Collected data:
────────────────────────────────────────

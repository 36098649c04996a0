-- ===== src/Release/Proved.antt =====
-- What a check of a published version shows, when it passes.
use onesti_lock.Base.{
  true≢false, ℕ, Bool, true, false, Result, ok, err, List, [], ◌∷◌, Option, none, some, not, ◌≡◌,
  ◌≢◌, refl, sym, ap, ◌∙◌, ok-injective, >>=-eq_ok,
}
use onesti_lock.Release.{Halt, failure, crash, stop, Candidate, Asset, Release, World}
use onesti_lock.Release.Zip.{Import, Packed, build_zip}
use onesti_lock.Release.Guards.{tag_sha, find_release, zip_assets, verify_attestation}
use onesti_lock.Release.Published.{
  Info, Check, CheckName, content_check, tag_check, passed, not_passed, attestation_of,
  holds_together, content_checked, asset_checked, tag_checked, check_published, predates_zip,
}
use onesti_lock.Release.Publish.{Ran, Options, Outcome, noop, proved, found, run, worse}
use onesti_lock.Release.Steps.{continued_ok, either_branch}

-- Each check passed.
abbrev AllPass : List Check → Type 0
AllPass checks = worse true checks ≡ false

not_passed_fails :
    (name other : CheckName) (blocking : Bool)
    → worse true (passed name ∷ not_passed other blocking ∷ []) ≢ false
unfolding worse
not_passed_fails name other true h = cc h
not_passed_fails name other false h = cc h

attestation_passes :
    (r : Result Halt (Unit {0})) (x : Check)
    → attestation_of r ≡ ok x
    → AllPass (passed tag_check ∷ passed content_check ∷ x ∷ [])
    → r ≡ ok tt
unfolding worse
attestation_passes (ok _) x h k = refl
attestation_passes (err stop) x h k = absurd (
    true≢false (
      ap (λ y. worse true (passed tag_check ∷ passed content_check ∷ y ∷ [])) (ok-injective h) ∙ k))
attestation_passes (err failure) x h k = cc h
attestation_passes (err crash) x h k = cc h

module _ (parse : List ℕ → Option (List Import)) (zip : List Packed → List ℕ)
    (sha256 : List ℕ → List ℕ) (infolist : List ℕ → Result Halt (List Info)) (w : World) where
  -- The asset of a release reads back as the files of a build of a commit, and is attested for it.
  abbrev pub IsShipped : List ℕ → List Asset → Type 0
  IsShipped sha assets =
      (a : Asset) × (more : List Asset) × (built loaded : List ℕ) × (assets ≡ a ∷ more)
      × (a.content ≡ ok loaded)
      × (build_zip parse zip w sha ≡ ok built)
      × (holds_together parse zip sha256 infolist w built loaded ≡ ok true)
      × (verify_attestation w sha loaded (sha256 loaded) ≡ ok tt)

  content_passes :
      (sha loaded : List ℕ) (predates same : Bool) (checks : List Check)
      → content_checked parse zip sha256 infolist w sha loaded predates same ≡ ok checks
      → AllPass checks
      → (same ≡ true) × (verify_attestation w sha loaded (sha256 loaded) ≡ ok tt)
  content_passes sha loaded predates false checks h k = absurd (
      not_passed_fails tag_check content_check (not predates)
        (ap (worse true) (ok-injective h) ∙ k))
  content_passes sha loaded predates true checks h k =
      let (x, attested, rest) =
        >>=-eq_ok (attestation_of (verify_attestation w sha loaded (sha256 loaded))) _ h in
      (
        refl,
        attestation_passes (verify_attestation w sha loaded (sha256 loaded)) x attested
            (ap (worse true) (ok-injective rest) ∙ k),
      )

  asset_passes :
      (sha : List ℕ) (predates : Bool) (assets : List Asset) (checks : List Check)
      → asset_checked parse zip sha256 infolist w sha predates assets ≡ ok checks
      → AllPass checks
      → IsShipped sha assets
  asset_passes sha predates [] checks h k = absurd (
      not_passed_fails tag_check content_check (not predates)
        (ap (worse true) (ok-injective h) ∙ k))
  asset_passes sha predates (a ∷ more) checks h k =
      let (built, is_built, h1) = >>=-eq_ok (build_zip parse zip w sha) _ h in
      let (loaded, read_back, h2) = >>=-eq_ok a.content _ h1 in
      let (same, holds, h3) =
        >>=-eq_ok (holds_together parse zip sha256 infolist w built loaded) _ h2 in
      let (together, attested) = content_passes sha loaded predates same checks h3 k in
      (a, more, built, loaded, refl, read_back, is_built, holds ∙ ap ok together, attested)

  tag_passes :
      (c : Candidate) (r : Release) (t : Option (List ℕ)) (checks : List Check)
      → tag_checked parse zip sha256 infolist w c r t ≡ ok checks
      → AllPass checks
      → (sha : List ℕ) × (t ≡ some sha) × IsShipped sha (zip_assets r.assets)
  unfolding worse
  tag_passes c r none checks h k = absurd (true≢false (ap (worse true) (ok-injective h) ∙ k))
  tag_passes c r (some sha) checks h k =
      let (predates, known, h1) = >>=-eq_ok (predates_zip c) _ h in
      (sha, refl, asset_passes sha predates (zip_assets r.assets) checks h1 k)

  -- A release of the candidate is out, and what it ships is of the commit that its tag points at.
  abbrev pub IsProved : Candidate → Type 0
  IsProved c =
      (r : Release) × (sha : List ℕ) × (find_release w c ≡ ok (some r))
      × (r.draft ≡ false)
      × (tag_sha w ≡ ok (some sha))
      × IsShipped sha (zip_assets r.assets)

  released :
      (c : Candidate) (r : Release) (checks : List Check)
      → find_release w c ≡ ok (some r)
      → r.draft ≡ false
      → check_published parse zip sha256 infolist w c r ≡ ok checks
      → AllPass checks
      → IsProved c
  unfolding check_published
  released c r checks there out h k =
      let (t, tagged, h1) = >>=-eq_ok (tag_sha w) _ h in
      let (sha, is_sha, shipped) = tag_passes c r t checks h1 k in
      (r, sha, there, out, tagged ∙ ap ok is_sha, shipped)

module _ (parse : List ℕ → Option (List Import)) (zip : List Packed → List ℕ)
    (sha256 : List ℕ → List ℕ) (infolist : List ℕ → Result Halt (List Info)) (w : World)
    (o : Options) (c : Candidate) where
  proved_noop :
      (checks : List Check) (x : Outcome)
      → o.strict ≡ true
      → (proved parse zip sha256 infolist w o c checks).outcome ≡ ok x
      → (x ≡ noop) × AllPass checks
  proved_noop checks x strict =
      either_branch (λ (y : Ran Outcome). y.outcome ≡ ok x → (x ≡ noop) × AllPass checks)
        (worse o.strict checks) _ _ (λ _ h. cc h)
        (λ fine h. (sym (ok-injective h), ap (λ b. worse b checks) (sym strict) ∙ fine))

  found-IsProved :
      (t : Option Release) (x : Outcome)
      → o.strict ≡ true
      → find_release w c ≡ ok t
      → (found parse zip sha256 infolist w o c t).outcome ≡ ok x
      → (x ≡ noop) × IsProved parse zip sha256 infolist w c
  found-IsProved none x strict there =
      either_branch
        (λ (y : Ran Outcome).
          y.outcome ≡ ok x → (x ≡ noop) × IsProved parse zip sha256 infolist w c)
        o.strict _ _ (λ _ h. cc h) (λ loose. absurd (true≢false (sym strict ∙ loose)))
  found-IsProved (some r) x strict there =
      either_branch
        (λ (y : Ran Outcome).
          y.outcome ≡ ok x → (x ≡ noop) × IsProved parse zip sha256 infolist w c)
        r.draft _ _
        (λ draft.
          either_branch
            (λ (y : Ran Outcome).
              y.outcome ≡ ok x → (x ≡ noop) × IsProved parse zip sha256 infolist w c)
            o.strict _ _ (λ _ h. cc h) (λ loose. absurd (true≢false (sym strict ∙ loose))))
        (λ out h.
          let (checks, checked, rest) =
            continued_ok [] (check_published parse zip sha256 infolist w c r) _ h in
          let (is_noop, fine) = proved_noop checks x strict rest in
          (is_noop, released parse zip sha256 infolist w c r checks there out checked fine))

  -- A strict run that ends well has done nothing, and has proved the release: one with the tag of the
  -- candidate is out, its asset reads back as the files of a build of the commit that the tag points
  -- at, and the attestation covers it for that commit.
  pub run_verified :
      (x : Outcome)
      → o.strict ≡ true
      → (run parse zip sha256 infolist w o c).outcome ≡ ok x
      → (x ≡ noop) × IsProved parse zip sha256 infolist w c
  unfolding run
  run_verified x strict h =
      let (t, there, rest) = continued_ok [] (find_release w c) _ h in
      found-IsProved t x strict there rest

────────────────────────────────────────

▶ ABOUT THIS TASK
Pick every line of the data that includes the string "there".

▶ ANSWER TO THIS PROBLEM
  released c r checks there out h k =
      (r, sha, there, out, tagged ∙ ap ok is_sha, shipped)
  found-IsProved none x strict there =
  found-IsProved (some r) x strict there =
          (is_noop, released parse zip sha256 infolist w c r checks there out checked fine))
      let (t, there, rest) = continued_ok [] (find_release w c) _ h in
      found-IsProved t x strict there rest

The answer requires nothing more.